A 32-bit processor implements a configurable paging scheme. Each page table entry is however fixed to 4 byte, and logic addresses are 32-bit, limiting user-space processes to a 4 GiB memory space. However, the system memory address bus is 48-bit wide, supporting up to 256 TiB installed DRAM. Only 64 GiB system memory is actually installed.

(a) It is possible to use all *installed* system memory in the system. Describe how you should configure the paging unit of the CPU for this to work? That is, what page size should be used? How many bits are used as a page number and a frame number? How large do pages need to be so that frame numbers fit into the 4 byte page table entry?

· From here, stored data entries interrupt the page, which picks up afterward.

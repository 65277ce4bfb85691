-- ===== src/Citations/Loops.antt =====
-- The loops of the allocation keep its invariant, so the allocated citations resolve.

use decision_memory.Prelude.{
  ltb, Option-cases, nat_eq, pair_eq, list_eq, length, All, All-of_In, NoRepeat, All→In, count_up,
  keys, ℕ, ◌≡◌, refl, ap, ◌∙◌, subst, inl, inr, Bool, Option, List, [], ◌∷◌, map,
}
use decision_memory.Text.{Text}
use decision_memory.Sorting.{sort_by-perm, sort_by}
use decision_memory.Sorting.Perms.{Permᴰ-In}
use decision_memory.Dto.{SourceReference, ActiveChunkDescriptor}
use decision_memory.Citations.{
  empty_allocation, close_sentence, cite_source, cite_sources, cite_chunks, cite_sentences,
  allocate_citations, ResolutionState, Citation, DraftSentence, Allocation,
}
use decision_memory.Citations.Locations.{location_of, seen_of}
use decision_memory.Citations.Sound.{Within, Resolve, Resolve-put, cite_source-IsSound, IsSound}

keys-seen_of : (cs : List Citation) → keys (seen_of cs) ≡ map location_of cs
keys-seen_of [] = refl
keys-seen_of (c ∷ cs) = ap (λ t. location_of c ∷ t) (keys-seen_of cs)

All-sort : (P : ℕ → Type 0) (lt : ℕ → ℕ → Bool) (xs : List ℕ) → All P xs → All P (sort_by lt xs)
All-sort P lt xs h = All-of_In (sort_by lt xs) (λ x m. All→In P h (Permᴰ-In (sort_by-perm lt xs) m))

module _ (stale_record_ids : List Text) (resolve_source : Text → ResolutionState) where
  cite_sources-IsSound :
      (chunk_id : Text) (c : ActiveChunkDescriptor) (a : Allocation)
      (sources : List SourceReference)
      → IsSound a
      → IsSound (cite_sources stale_record_ids resolve_source chunk_id c a sources)
  unfolding cite_sources
  cite_sources-IsSound chunk_id c a [] h = h
  cite_sources-IsSound chunk_id c a (source ∷ sources) h =
      cite_sources-IsSound chunk_id c
        (cite_source stale_record_ids resolve_source chunk_id c a source) sources
        (cite_source-IsSound stale_record_ids resolve_source chunk_id c a source h)

  cite_chunks-IsSound :
      (chunk_by_id : Text → Option ActiveChunkDescriptor) (a : Allocation) (chunk_ids : List Text)
      → IsSound a
      → IsSound (cite_chunks stale_record_ids resolve_source chunk_by_id a chunk_ids)
  unfolding cite_chunks
  cite_chunks-IsSound chunk_by_id a [] h = h
  cite_chunks-IsSound chunk_by_id a (chunk_id ∷ chunk_ids) h =
      elim (Option-cases (chunk_by_id chunk_id)) [
        | inl absent ↦ rw (cite_chunks, absent) (cite_chunks-IsSound chunk_by_id a chunk_ids h)
        | inr (c, found) ↦
            rw (cite_chunks, found)
              (cite_chunks-IsSound chunk_by_id
                (cite_sources stale_record_ids resolve_source chunk_id c a c.provenance) chunk_ids
                (cite_sources-IsSound chunk_id c a c.provenance h))
      ]

  restart-IsSound : (a : Allocation) → IsSound a → IsSound (record a { ids = [] })
  restart-IsSound a h = record {
    numbered = h.numbered;
    mirrored = h.mirrored;
    unrepeated = h.unrepeated;
    listed = h.listed;
    resolves = tt;
  }

  close_sentence-IsSound :
      (sentence_id : Text) (a : Allocation) → IsSound a → IsSound (close_sentence sentence_id a)
  close_sentence-IsSound sentence_id a h = record {
    numbered = h.numbered;
    mirrored = h.mirrored;
    unrepeated = h.unrepeated;
    listed =
        Resolve-put (length a.citations) a.sentence_ids sentence_id (sort_by ltb a.ids) h.listed
          (All-sort (Within (length a.citations)) ltb a.ids h.resolves);
    resolves = h.resolves;
  }

  cite_sentences-IsSound :
      (chunk_by_id : Text → Option ActiveChunkDescriptor) (a : Allocation)
      (sentences : List DraftSentence)
      → IsSound a
      → IsSound (cite_sentences stale_record_ids resolve_source chunk_by_id a sentences)
  unfolding cite_sentences
  cite_sentences-IsSound chunk_by_id a [] h = h
  cite_sentences-IsSound chunk_by_id a (sentence ∷ sentences) h =
      let start = restart-IsSound a h in
      let cited =
        cite_chunks stale_record_ids resolve_source chunk_by_id (record a { ids = [] })
          sentence.chunk_ids in
      let sound =
        cite_chunks-IsSound chunk_by_id (record a { ids = [] }) sentence.chunk_ids start in
      cite_sentences-IsSound chunk_by_id (close_sentence sentence.sentence_id cited) sentences
        (close_sentence-IsSound sentence.sentence_id cited sound)

  -- The citations are numbered from one on without a gap, no location is cited twice, and every id
  -- that a sentence lists is the number of a citation.
  pub allocate_citations-Resolve :
      (sentences : List DraftSentence) (chunk_by_id : Text → Option ActiveChunkDescriptor)
      → let (citations, sentence_ids) =
          allocate_citations stale_record_ids resolve_source sentences chunk_by_id in
        (map (λ c. c.citation_id) citations ≡ count_up 1 (length citations))
        × NoRepeat (map location_of citations)
        × Resolve (length citations) sentence_ids
  unfolding allocate_citations
  allocate_citations-Resolve sentences chunk_by_id =
      let h = cite_sentences-IsSound chunk_by_id empty_allocation sentences (record {
        numbered = refl;
        mirrored = refl;
        unrepeated = tt;
        listed = tt;
        resolves = tt;
      }) in
      (
        h.numbered,
        subst NoRepeat
            (ap keys h.mirrored
              ∙ keys-seen_of
                  (cite_sentences stale_record_ids resolve_source chunk_by_id empty_allocation
                    sentences).citations)
            h.unrepeated,
        h.listed,
      )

Provide explanations (around 10 lines) that explain the choices you made above. An illustration like in Problem 1 (b) is likely helpful for your explanation!

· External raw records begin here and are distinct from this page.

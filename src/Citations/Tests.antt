-- ===== src/Citations/Tests.antt =====
-- Two sentences that share a source, and the theorem at them.
use decision_memory.Prelude.{
  if◌then◌else◌, ◌==◌, nat_eq, pair_eq, list_eq, length, NoRepeat, count_up, ℕ, ◌≡◌, refl, Option,
  none, some, List, [], ◌∷◌, map,
}
use decision_memory.Text.{Text, codes}
use decision_memory.Sorting.{sort_by}
use decision_memory.Dto.{SourceReference, ActiveChunkDescriptor}
use decision_memory.Citations.{
  cite_source, cite_sources, cite_chunks, cite_sentences, allocate_citations, missing,
  stale_version, Citation, DraftSentence,
}
use decision_memory.Citations.Locations.{location_of}
use decision_memory.Citations.Sound.{Resolve}
use decision_memory.Citations.Loops.{allocate_citations-Resolve}

abbrev source_of : Text → SourceReference
source_of section = record { path = codes "log.md"; section = section }

abbrev cited_chunk : ActiveChunkDescriptor
cited_chunk = record {
  chunk_id = codes "ch_1";
  record_id = codes "DM-0001";
  record_title = codes "Title";
  record_status = none;
  record_tags = [];
  value_path = codes "context";
  fingerprint = codes "f";
  ordinal = 0;
  text = codes "text";
  provenance = source_of (codes "one") ∷ source_of (codes "two") ∷ [];
}

abbrev lookup : Text → Option ActiveChunkDescriptor
lookup id = if id == codes "ch_1" then some cited_chunk else none

abbrev draft : Text → DraftSentence
draft sentence_id = record {
  sentence_id = sentence_id;
  text = codes "text";
  chunk_ids = codes "ch_1" ∷ codes "gone" ∷ [];
}

abbrev drafts : List DraftSentence
drafts = draft (codes "s1") ∷ draft (codes "s2") ∷ []

abbrev allocated : List Citation × List (Text × List ℕ)
allocated = allocate_citations (codes "DM-0001" ∷ []) (λ path. missing) drafts lookup

shared_sources :
    (allocated.1 ≡ (codes "s1", 1 ∷ 2 ∷ []) ∷ (codes "s2", 1 ∷ 2 ∷ []) ∷ [])
    × (map (λ c. c.freshness) allocated.0 ≡ stale_version ∷ stale_version ∷ [])
unfolding allocate_citations cite_sentences cite_chunks cite_sources cite_source sort_by
shared_sources = (refl, refl)

allocate_citations-Resolve_example :
    (map (λ c. c.citation_id) allocated.0 ≡ count_up 1 (length allocated.0))
    × NoRepeat (map location_of allocated.0)
    × Resolve (length allocated.0) allocated.1
allocate_citations-Resolve_example =
    allocate_citations-Resolve (codes "DM-0001" ∷ []) (λ path. missing) drafts lookup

(b) Explain why it is feasible to use all memory if the system is maxed out with 256 TiB memory (around 5 lines).

**Hint:** Except for the case of inverted page tables, each process in a system has its own unique page tables.

## Problem 7

Assume that we have a system with 4 KiB page size and it has a total of 256 KiB physical memory. We want to implement a demand paging algorithm with LRU replacement policy. Now, consider the following program fragment:

```
double a[256][256], b[256][256], x[256][256], y[256][256]; ... for (i = 0; i < 256; i++) { for (j = 0; j < 256; j++) { a[i][j] = \underline{2.0} * x[i][j] + y[i][j]; } } for (i = 0; i < 256; i++) { for (j = 0; j < 256; j++) { b[i][j] = \underline{3.0} * a[i][j] * y[i][j]; } }
```

**Note:** Differences in the two loops are underlined for clarity.

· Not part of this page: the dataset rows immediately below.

-- ===== src/Claims.antt =====
-- The claim verification of one draft sentence in `query_index` of
-- src/decision_memory/application/query.py. The two provider calls are parameters: `decompose` takes
-- the number of the attempt as well, since a second call may answer otherwise, and an exception is
-- `none`. A sub claim id `{sentence}.{n}` is the sentence id with the number `n`.
pub mod Supported
pub mod Draft
mod Tests
use decision_memory.Prelude.{
  if◌then◌else◌, nat_eq, pair_eq, list_eq, length, any, keep, contains, is_some, ℕ, ◌+◌, Bool, true,
  false, not, Option, none, some, List, [], ◌∷◌, map,
}
use decision_memory.Text.{Text, is_empty}
use decision_memory.Verification.{
  is_retryable, deterministic_containment, classify_decomposition_detail, Disposition,
  DecompositionVerdict,
}
use decision_memory.Citations.{DraftSentence}

pub data ProviderFailure : Type 0 where
  decompose_failed entailment_failed : ProviderFailure

-- A result, or the failed query result of a provider failure.
pub data Answer (A : Type 0) : Type 0 where
  stopped : ProviderFailure → Answer A
  done : A → Answer A

pub data Entailment : Type 0 where
  skipped supported unsupported : Entailment

pub record SubClaim : Type 0 where
  pub sub_claim_number : ℕ
  pub sentence_id : Text
  pub text : Text
  pub contained : Bool
  pub entailment : Entailment
  pub reason : Text
  pub citations : List Text

pub data DropReason : Type 0 where
  no_available_citations decomposition_invalid unsupported_sub_claim : DropReason

-- What one sentence adds to the lists of the loop: it is emitted or dropped, with its rows.
pub data SentenceOutcome : Type 0 where
  emitted : DraftSentence → Bool → List SubClaim → SentenceOutcome
  dropped : DropReason → Option (ℕ × DecompositionVerdict) → List SubClaim → SentenceOutcome

abbrev pub Evidence : Type 0
Evidence = List (Text × Text)

-- The ids in order of first occurrence, from those that were seen.
abbrev pub dedupe : List Text → List Text → List Text
dedupe seen [] = []
dedupe seen (id ∷ ids) =
    let known = dedupe seen ids in
    let fresh = id ∷ dedupe (id ∷ seen) ids in if contains seen id then known else fresh

abbrev pub is_retryable_verdict : Option Disposition → Bool
is_retryable_verdict none = false
is_retryable_verdict (some d) = is_retryable d

module _ (chunk_text_by_id : Text → Option Text) where
  abbrev pub available_ids : DraftSentence → List Text
  available_ids sentence = keep (λ id. is_some (chunk_text_by_id id)) (dedupe [] sentence.chunk_ids)

  abbrev pub missing_ids : DraftSentence → List Text
  missing_ids sentence =
      keep (λ id. not (is_some (chunk_text_by_id id))) (dedupe [] sentence.chunk_ids)

  abbrev pub evidence_of : List Text → Evidence
  evidence_of [] = []
  evidence_of (id ∷ ids) = elim (chunk_text_by_id id) [
    | none ↦ evidence_of ids
    | some text ↦ (id, text) ∷ evidence_of ids
  ]

abbrev pub is_unsupported : SubClaim → Bool
is_unsupported row = elim (row.entailment) [
  | skipped ↦ false
  | supported ↦ false
  | unsupported ↦ true
]

module _ (fold : Text → Text) where
  -- The ids of the chunks that contain the claim alone.
  abbrev pub matching_ids : Text → Evidence → List Text
  matching_ids text evidence =
      map (λ p. p.0) (keep (λ p. deterministic_containment fold text (p.1 ∷ [])) evidence)

module _ (fold : Text → Text) (decompose : Text → Evidence → ℕ → Option (List Text)) where
  -- The second attempt, and the first.
  abbrev pub second_attempt : Text → Evidence → Answer (List Text × DecompositionVerdict)
  second_attempt text evidence = elim (decompose text evidence 1) [
    | none ↦ stopped decompose_failed
    | some texts ↦ done (texts, classify_decomposition_detail fold texts text)
  ]

  unfoldable pub decompose_sentence : Text → Evidence → Answer (List Text × DecompositionVerdict)
  decompose_sentence text evidence = elim (decompose text evidence 0) [
    | none ↦ stopped decompose_failed
    | some texts ↦
        let verdict = classify_decomposition_detail fold texts text in
        if is_empty texts
        then done (texts, verdict)
        else if is_retryable_verdict verdict.disposition
        then second_attempt text evidence
        else done (texts, verdict)
  ]

module _ (fold : Text → Text) (entail : Text → Evidence → Option (Bool × Text)) where
  unfoldable pub verify_sub_claim : DraftSentence → Evidence → ℕ → Text → Answer SubClaim
  verify_sub_claim sentence evidence number text =
      let matching = matching_ids fold text evidence in
      if not (is_empty matching)
      then done (record {
        sub_claim_number = number;
        sentence_id = sentence.sentence_id;
        text = text;
        contained = true;
        entailment = skipped;
        reason = [];
        citations = matching;
      })
      else elim (entail text evidence) [
        | none ↦ stopped entailment_failed
        | some (holds, reason) ↦ done (record {
          sub_claim_number = number;
          sentence_id = sentence.sentence_id;
          text = text;
          contained = false;
          entailment = if holds then supported else unsupported;
          reason = reason;
          citations = map (λ p. p.0) evidence;
        })
      ]

  -- The rows of all sub claims, in order.
  unfoldable pub verify_sub_claims :
      DraftSentence → Evidence → ℕ → List Text → Answer (List SubClaim)
  verify_sub_claims sentence evidence number [] = done []
  verify_sub_claims sentence evidence number (text ∷ texts) =
      elim (verify_sub_claim sentence evidence number text) [
        | stopped failure ↦ stopped failure
        | done row ↦ elim (verify_sub_claims sentence evidence (number + 1) texts) [
          | stopped failure ↦ stopped failure
          | done rows ↦ done (row ∷ rows)
        ]
      ]

  -- What becomes of a sentence once its decomposition has been answered.
  unfoldable pub judge :
      DraftSentence
      → List Text
      → Evidence
      → List Text × DecompositionVerdict
      → Answer SentenceOutcome
  judge sentence available evidence (texts, verdict) =
      if is_empty texts
      then done (dropped decomposition_invalid none [])
      else elim (verdict.disposition) [
        | some d ↦ done (dropped decomposition_invalid (some (length texts, verdict)) [])
        | none ↦ elim (verify_sub_claims sentence evidence 1 texts) [
          | stopped failure ↦ stopped failure
          | done rows ↦ done (
              if any is_unsupported rows
              then dropped unsupported_sub_claim none rows
              else emitted (record sentence { chunk_ids = available }) false rows)
        ]
      ]

module _ (fold : Text → Text) (decompose : Text → Evidence → ℕ → Option (List Text))
    (entail : Text → Evidence → Option (Bool × Text)) where
  unfoldable pub verify_sentence : (Text → Option Text) → DraftSentence → Answer SentenceOutcome
  verify_sentence chunk_text_by_id sentence =
      let available = available_ids chunk_text_by_id sentence in
      let evidence = evidence_of chunk_text_by_id available in
      if deterministic_containment fold sentence.text (map (λ p. p.1) evidence)
      then done (emitted (record sentence { chunk_ids = available }) true [])
      else if is_empty evidence
      then done (dropped no_available_citations none [])
      else elim (decompose_sentence fold decompose sentence.text evidence) [
        | stopped failure ↦ stopped failure
        | done answer ↦ judge fold entail sentence available evidence answer
      ]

Assume that each element of the array consumes 8 bytes. Also assume that program arrays are laid out in memory in row-major form, meaning that for the array a [256] [256], the elements of the array a appear in memory consecutively in the following order:

```
a[0,0], a[0,1], \ldots, a[0,255], a[1,0], a[1,1], \ldots, a[1,255], a[2,0], \ldots, a[255,255]
```

Answer the following questions:

- (a) How many page faults will occur when executing the given program fragment?
- (b) Can you slightly modify the program to reduce the number of page faults? Note that your modification must not affect the semantics of the program, meaning that

- the end result (values computed in array a and array b) must be exactly the same as obtained via the original program fragment.
- (c) A thoughtless programmer may inadvertently write the program in a slightly modified version that considerably worsen the performance. Can you, just as in (b), provide an example?

Assume a demand paging system with a DRAM and a mechanical disk for permanent storage. The disk has an average access and transfer time of 10 milliseconds. The logical address is translated via a two-level page table. The system also incorporates a TLB to make the address translation faster. Assume that 75 percent of all memory accesses result in a TLB hit and that the memory access time is in the nanosecond order of magnitude (you can assume 100ns).

- (a) How many memory requests are made for a load instruction of the form "load rx, [addr]"? Answer for both best and worst case.
  Note: The instruction load requests one byte from address addr to be loaded into a register rx.
- (b) Now consider an application, which triggers 10% page faults on average, over all possible requests that might access the memory. Compute the average execution time of the application if it executes one billion load instructions. Assume that the system does not have cache memory and that any overhead is negligible, except the overhead caused by the paging system.